**Work required:**
For the word "Namespace", search the records and show each line in which it occurs.

**Entries provided:**
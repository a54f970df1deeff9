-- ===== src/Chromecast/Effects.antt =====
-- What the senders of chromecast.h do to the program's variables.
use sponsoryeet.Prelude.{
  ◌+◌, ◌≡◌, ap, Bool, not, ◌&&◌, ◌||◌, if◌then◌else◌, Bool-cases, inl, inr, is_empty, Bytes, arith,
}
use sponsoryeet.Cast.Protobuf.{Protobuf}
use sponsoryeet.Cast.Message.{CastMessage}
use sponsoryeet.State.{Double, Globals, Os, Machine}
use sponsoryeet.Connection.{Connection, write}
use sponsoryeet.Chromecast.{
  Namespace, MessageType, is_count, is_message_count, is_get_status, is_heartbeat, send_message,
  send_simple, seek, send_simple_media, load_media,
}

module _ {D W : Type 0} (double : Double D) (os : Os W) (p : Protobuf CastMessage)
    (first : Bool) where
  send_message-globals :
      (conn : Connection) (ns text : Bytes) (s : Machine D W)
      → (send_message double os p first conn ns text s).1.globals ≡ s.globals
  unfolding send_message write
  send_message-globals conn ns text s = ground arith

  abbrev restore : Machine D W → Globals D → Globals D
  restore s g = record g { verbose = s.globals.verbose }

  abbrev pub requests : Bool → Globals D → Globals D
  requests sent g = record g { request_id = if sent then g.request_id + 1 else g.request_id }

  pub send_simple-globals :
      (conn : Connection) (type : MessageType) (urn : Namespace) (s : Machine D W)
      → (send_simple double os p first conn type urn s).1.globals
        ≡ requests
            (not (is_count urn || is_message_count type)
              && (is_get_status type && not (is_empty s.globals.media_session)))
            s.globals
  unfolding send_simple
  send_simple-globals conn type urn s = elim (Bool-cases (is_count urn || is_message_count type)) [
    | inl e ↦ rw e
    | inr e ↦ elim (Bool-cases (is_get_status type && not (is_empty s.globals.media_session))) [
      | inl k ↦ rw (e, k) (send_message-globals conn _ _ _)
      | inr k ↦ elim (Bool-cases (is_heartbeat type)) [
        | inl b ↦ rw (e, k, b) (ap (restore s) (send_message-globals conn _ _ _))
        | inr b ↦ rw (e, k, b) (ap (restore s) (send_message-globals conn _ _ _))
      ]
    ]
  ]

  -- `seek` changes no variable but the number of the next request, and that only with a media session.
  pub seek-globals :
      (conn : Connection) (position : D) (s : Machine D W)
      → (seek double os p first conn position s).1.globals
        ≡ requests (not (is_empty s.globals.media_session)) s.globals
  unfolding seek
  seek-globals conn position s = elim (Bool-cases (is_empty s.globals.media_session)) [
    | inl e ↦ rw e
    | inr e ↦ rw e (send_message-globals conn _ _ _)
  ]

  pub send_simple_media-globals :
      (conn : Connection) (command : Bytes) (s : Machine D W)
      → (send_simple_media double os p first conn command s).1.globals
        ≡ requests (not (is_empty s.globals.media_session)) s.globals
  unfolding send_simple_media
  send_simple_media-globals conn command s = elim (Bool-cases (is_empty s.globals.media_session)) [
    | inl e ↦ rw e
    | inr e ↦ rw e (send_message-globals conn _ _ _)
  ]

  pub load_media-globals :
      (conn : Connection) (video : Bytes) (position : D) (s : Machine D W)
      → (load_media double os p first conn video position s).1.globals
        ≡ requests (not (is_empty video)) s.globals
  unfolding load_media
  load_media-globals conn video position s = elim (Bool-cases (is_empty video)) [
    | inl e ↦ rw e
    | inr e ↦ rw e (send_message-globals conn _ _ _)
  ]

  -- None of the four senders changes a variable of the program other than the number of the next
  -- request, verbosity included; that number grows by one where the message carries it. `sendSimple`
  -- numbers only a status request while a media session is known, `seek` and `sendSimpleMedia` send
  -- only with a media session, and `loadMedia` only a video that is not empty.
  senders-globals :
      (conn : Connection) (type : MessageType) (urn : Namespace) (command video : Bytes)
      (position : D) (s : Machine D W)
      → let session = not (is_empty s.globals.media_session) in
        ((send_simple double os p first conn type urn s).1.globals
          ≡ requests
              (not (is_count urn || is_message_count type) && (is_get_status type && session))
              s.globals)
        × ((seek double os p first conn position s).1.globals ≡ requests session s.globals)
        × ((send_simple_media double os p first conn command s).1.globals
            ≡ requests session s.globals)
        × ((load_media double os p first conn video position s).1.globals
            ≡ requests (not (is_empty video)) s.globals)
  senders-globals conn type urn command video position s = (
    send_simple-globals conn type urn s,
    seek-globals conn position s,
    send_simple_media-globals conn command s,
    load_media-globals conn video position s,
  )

* * *

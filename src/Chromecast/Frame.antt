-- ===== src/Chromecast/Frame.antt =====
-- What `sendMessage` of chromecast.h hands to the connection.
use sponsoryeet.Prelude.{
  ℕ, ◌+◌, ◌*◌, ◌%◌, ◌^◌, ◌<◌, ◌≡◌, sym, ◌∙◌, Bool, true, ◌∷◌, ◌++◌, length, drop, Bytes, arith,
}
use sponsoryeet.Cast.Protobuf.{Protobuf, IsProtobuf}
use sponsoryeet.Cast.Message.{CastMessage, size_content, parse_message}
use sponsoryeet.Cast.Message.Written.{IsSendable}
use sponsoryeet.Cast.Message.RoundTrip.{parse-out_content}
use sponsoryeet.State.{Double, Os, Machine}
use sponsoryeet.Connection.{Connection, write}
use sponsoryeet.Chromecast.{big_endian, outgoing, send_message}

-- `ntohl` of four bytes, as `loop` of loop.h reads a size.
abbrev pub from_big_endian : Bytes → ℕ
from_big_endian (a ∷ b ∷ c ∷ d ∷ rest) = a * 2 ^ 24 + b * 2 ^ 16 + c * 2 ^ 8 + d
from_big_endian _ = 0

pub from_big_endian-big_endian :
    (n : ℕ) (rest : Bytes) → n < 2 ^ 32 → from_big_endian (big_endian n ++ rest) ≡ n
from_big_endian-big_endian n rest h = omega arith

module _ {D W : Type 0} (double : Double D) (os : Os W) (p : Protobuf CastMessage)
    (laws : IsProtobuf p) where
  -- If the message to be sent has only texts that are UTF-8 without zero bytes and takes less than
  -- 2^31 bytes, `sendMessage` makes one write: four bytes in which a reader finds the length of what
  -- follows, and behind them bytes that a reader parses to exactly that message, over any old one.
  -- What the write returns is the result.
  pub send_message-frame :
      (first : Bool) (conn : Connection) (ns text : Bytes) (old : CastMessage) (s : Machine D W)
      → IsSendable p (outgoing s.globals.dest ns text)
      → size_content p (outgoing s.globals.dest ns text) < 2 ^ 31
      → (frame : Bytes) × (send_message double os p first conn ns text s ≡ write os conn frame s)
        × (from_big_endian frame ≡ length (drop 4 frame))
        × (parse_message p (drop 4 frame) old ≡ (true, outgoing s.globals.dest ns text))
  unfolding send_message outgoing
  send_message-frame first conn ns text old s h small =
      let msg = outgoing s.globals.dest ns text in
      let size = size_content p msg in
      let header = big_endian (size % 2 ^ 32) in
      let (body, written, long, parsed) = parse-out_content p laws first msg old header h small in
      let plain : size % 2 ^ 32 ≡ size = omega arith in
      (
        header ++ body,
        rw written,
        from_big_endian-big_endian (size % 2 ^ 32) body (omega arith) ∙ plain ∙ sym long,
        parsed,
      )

**Task solution:**
  Namespace, MessageType, is_count, is_message_count, is_get_status, is_heartbeat, send_message,
      (conn : Connection) (type : MessageType) (urn : Namespace) (s : Machine D W)
      (conn : Connection) (type : MessageType) (urn : Namespace) (command video : Bytes)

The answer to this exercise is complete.